人影を探して路地を彷徨っていると、見知った姿を見つけた。イルマだ。イルマが、ある民家の屋根の修繕をしていた。やはり、先程見かけた影は彼女だったらしい。
アダは、イルマに声をかけようとして口を開きかけたが、やめた。
――気を抜いて落下でもしたらたいへんだわ。
イルマの身を案じてここまで追ってきたアダだったが、彼女の仕事ぶりを見て安堵した。
――さすがに身軽ね。
イルマは、足を怪我していることなど感じさせない、まるで平地に立っているかのような身のこなしだった。
イルマの無事を確認したアダは、自分の仕事に戻るためその場をあとにしようとした。しかし、ふと、目の端に入り込んだ数人の男たちが気にかかり、足を止める。

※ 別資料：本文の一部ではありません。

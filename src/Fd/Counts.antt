-- ===== src/Fd/Counts.antt =====
-- The references from the descriptors of a process to an entry of `fd_table`.
use fiwix_arm.Base.{
  ap, ap₂, arith, if◌then◌else◌, refl, suc, sym, zero, ℕ, ◌+◌, ◌<◌, ◌==◌, ◌∙◌, ◌≡◌, ◌≢◌, ◌≤◌,
}
use fiwix_arm.Base.Store.{update, Store, update_self, update_ne}
use fiwix_arm.Fd.{open_max, Files}
use native.Mathlib.Decide.{ℕ_discrete}

abbrev pub eq01 : ℕ → ℕ → ℕ
eq01 a b = if a == b then 1 else 0

-- How many of the first `k` descriptors are entry `n`.
pub refs : ℕ → Store ℕ → ℕ → ℕ
refs zero fd n = 0
refs (suc k) fd n = refs k fd n + eq01 (fd k) n

refs-update_past :
    (k : ℕ) (fd : Store ℕ) (j v n : ℕ) → k ≤ j → refs k (update fd j v) n ≡ refs k fd n
unfolding refs
refs-update_past zero fd j v n le = refl
refs-update_past (suc k) fd j v n le =
    ap₂ ◌+◌ (refs-update_past k fd j v n (omega (arith, le)))
      (ap (λ x. eq01 x n) (update_ne fd j k v (omega (arith, le))))

-- Descriptor `j` is changed.
pub refs-update :
    (k : ℕ) (fd : Store ℕ) (j v n : ℕ)
    → j < k
    → refs k (update fd j v) n + eq01 (fd j) n ≡ refs k fd n + eq01 v n
unfolding refs
refs-update zero fd j v n lt = absurd (omega (arith, lt))
refs-update (suc k) fd j v n lt = elim (ℕ_discrete j k) [
  | yes e ↦
      let past = refs-update_past k fd j v n (omega (arith, e)) in
      let now : eq01 (update fd j v k) n ≡ eq01 v n =
        ap (λ x. eq01 (update fd j v x) n) (sym e) ∙ ap (λ x. eq01 x n) (update_self fd j v) in
      let old : eq01 (fd k) n ≡ eq01 (fd j) n = ap (λ x. eq01 (fd x) n) (sym e) in
      omega (arith, past, now, old)
  | no ne ↦
      let before = refs-update k fd j v n (omega (arith, lt, ne)) in
      let same : eq01 (update fd j v k) n ≡ eq01 (fd k) n =
        ap (λ x. eq01 x n) (update_ne fd j k v ne) in
      omega (arith, before, same)
]

-- The counts are right: every entry but the unused entry 0 counts the references from the process
-- and those from the others.
abbrev pub IsCounted : Store ℕ → Files → Type 0
IsCounted others st = (n : ℕ) → n ≢ 0 → (st.fd_table n).count ≡ others n + refs open_max st.fd n

-- No descriptor is open.
pub refs-none : (k n : ℕ) → n ≢ 0 → refs k (λ j. 0) n ≡ 0
unfolding refs
refs-none zero n ne = refl
refs-none (suc k) n ne = ground (arith, ne, refs-none k n ne)
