-- ===== src/Fd/Keep.antt =====
-- The calls on descriptors keep the counts of open files right.
use fiwix_arm.Base.{
  Bool, Option, ap, arith, false, inl, inr, min, none, refl, some, sym, ℕ, ◌+◌, ◌-◌, ◌<◌, ◌==◌, ◌^◌,
  ◌∙◌, ◌≡◌, ◌≢◌, ◌≤◌, ◌⊎◌,
}
use fiwix_arm.Base.Store.{update, Store, update_self, update_ne}
use fiwix_arm.Base.Search.{first_index, Found, first_index-Found}
use fiwix_arm.Fd.{
  sys_dup, is_bad, Fd, mfile, fail, u16, done, fd_taken, get_new_user_fd, Result, open_max,
  dup_from, fill, Files,
}
use fiwix_arm.Fd.Counts.{refs-update, eq01, IsCounted, refs}
use native.Mathlib.Decide.{ℕ_discrete}
use mathlib.Core.Path.{subst}

-- A descriptor that is free becomes one more reference to entry `n`.
refs-filled :
    (fd : Store ℕ) (m n k : ℕ)
    → m < open_max
    → fd m ≡ 0
    → k ≢ 0
    → refs open_max (update (update fd m fd_taken) m n) k ≡ refs open_max fd k + eq01 n k
refs-filled fd m n k lt free ne =
    let fd' = update fd m fd_taken in
    let second = refs-update open_max fd' m n k lt in
    let first = refs-update open_max fd m fd_taken k lt in
    let taken : eq01 (fd' m) k ≡ eq01 fd_taken k = ap (λ x. eq01 x k) (update_self fd m fd_taken) in
    let none_now : eq01 (fd m) k ≡ 0 = ap (λ x. eq01 x k) free ∙ ground (arith, ne) in
    omega (arith, second, first, taken, none_now)

-- What a duplicate leaves: the lowest free descriptor from `start` on is the same open file, whose
-- count is right; or there is none below the limit, and nothing has changed.
abbrev pub Duped : Store ℕ → ℕ → ℕ → ℕ → Files → Files × Result ℕ → Type 0
Duped others limit start ufd st (st', r) =
    ((m : ℕ) × (r ≡ done m)
      × (start ≤ m)
      × (m < min open_max limit)
      × (st.fd m ≡ 0)
      × ((j : ℕ) → start ≤ j → j < m → st.fd j ≢ 0)
      × (st'.fd m ≡ st.fd ufd)
      × ((j : ℕ) → m ≢ j → st'.fd j ≡ st.fd j)
      × IsCounted others st')
    ⊎ ((r ≡ fail mfile) × (st' ≡ st) × ((j : ℕ) → start ≤ j → j < min open_max limit → st.fd j ≢ 0))

-- The files when descriptor `m` has been filled with entry `n`.
abbrev filled : Files → Store ℕ → ℕ → ℕ → Files
filled st flags m n =
    let file = st.fd_table n in
    record {
      fd_table = update st.fd_table n (record file { count = u16 (file.count + 1) });
      fd = update (update st.fd m fd_taken) m n;
      fd_flags = flags;
    }

IsCounted-filled :
    (others : Store ℕ) (m n : ℕ) (st : Files) (flags : Store ℕ)
    → IsCounted others st
    → m < open_max
    → st.fd m ≡ 0
    → (st.fd_table n).count + 1 < 2 ^ 16
    → IsCounted others (filled st flags m n)
IsCounted-filled others m n st flags counted lt free fits k ne =
    let more = refs-filled st.fd m n k lt free ne in
    let file = st.fd_table n in
    let file' = record file { count = u16 (file.count + 1) } in
    elim (ℕ_discrete n k) [
      | yes e ↦
          let count : (update st.fd_table n file' k).count ≡ u16 (file.count + 1) =
            ap (λ x. (update st.fd_table n file' x).count) (sym e)
            ∙ ap (λ (y : Fd). y.count) (update_self st.fd_table n file') in
          let one : eq01 n k ≡ 1 = ground (arith, e) in
          let was : file.count ≡ others k + refs open_max st.fd k =
            ap (λ x. (st.fd_table x).count) e ∙ counted k ne in
          count ∙ omega (arith, more, one, was, fits)
      | no d ↦
          let count : (update st.fd_table n file' k).count ≡ (st.fd_table k).count =
            ap (λ (y : Fd). y.count) (update_ne st.fd_table n k file' d) in
          let none_more : eq01 n k ≡ 0 = ground (arith, d) in
          count ∙ omega (arith, more, none_more, counted k ne)
    ]

fill_lem :
    (ufd m : ℕ) (st : Files) (flags : Store ℕ)
    → m ≢ ufd
    → fill ufd m (record st { fd = update st.fd m fd_taken; fd_flags = flags })
      ≡ filled st flags m (st.fd ufd)
unfolding fill
fill_lem ufd m st flags ne = ap (filled st flags m) (update_ne st.fd m ufd fd_taken ne)

-- What CHECK_UFD lets through
pub not_bad : (st : Files) (ufd : ℕ) → is_bad st ufd ≡ false → (ufd < open_max) × (st.fd ufd ≢ 0)
not_bad st ufd e = (ground (arith, e), λ q. absurd (in_use e q))
  where
    in_use : is_bad st ufd ≡ false → st.fd ufd ≢ 0
    in_use e q = ground (arith, e, q)

pub dup_from-Duped :
    (others : Store ℕ) (limit start ufd : ℕ) (st : Files)
    → IsCounted others st
    → st.fd ufd ≢ 0
    → (st.fd_table (st.fd ufd)).count + 1 < 2 ^ 16
    → start ≤ min open_max limit
    → Duped others limit start ufd st (dup_from limit start ufd st)
unfolding dup_from get_new_user_fd
dup_from-Duped others limit start ufd st counted used fits le =
    at_free (first_index test start 1 k) (first_index-Found test start k)
  where
    test : ℕ → Bool
    test n = st.fd n == 0

    k : ℕ
    k = min open_max limit - start

    at_free :
        (o : Option ℕ)
        → Found test start k o
        → let md : Option (ℕ × Files) = elim o [
          | none ↦ none
          | some n ↦
              some
                (n, record st { fd = update st.fd n fd_taken; fd_flags = update st.fd_flags n 0 })
        ] in
          let r : Files × Result ℕ = elim md [
            | none ↦ (st, fail mfile)
            | some (n, st') ↦ (fill ufd n st', done n)
          ] in
          Duped others limit start ufd st r
    at_free none f = inr (refl, refl, λ j lo hi. in_use j (f j lo (omega (arith, hi, le))))
      where
        in_use : (j : ℕ) → test j ≡ false → st.fd j ≢ 0
        in_use j e q = ground (arith, e, q)
    at_free (some m) (is, lo, hi, before) =
        let free : st.fd m ≡ 0 = ground (arith, is) in
        let other : m ≢ ufd = λ e. used (ap st.fd (sym e) ∙ free) in
        let n = st.fd ufd in
        let flags = update st.fd_flags m 0 in
        let in_use : (j : ℕ) → test j ≡ false → st.fd j ≢ 0 =
          λ j e q. absurd (omega (arith, not_zero j e, q)) in
        let lt : m < min open_max limit = omega (arith, hi, le) in
        let others_same : (j : ℕ) → m ≢ j → (filled st flags m n).fd j ≡ st.fd j =
          λ j ne. update_ne (update st.fd m fd_taken) m j n ne ∙ update_ne st.fd m j fd_taken ne in
        subst (λ (f : Files). Duped others limit start ufd st (f, done m))
          (sym (fill_lem ufd m st flags other))
          (inl (
            m,
            refl,
            lo,
            lt,
            free,
            λ j a b. in_use j (before j a b),
            update_self (update st.fd m fd_taken) m n,
            others_same,
            IsCounted-filled others m n st flags counted (omega (arith, lt)) free fits,
          ))
      where
        not_zero : (j : ℕ) → test j ≡ false → 0 < st.fd j
        not_zero j e = ground (arith, e)

-- `dup` of an open descriptor: it takes the lowest free one, which is then the same open file, and
-- the counts stay right; or it returns EMFILE where none is free below the limit, and changes nothing.
pub sys_dup-Duped :
    (others : Store ℕ) (limit ufd : ℕ) (st : Files)
    → IsCounted others st
    → is_bad st ufd ≡ false
    → (st.fd_table (st.fd ufd)).count + 1 < 2 ^ 16
    → Duped others limit 0 ufd st (sys_dup limit ufd st)
unfolding sys_dup
sys_dup-Duped others limit ufd st counted good fits =
    rw good
      (dup_from-Duped others limit 0 ufd st counted (not_bad st ufd good).1 fits (omega arith))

しばらく見ていると、男の一人が、手にした拳大の雪玉を屋根に向かって放り投げたのだ。
「あ……っ」
思わず声を上げる。屋根の上からも、息を呑む声が伝わってくる。
「イルマ……っ」
アダは叫んだ。雪玉に足をとられたイルマの体が宙に浮く。男たちの下卑た笑い声が耳に届く。転がり落ちたイルマの体は、ついに屋根から放り出されてしまった。
――いやっ、だめ……っ。
そう思った刹那、アダは右手に力が流れてくるのを感じた。
――これは……。
その瞬間、すべての動きが止まって見えた。ポケットに入れていた右手を取り出すと、そこには金時計が握られている。
ニコラからもらった、あの金時計だ。
――時計が、光っている……。
それを見たアダは知った。思いがけず、今年も時計の力を解放してしまったのだと。
ニコラの金時計は、クリスマス・イヴの日に一度だけその力を解放することができる。
ニコラを信じる心が、一度だけ、どんな願いも聞き届けてくれるのだ。
「願いが……叶ったんだ……」
アダの願い。それは、きっと、イルマが助かること。その願いが、これから叶うのだろう。
チチチチチチチチ……。
時計の針が高速に回り、時を戻していく。
どんどんどんどん、遡っていく。
そして、光の扉が、アダの前に現れた。
――これを抜けたら、イルマが屋根から落ちる前に戻れるのかしら。
そう思いながら、アダはその扉に手をかざす。すると、扉は開かれ、アダの体はまばゆいばかりの光に包まれたのだった。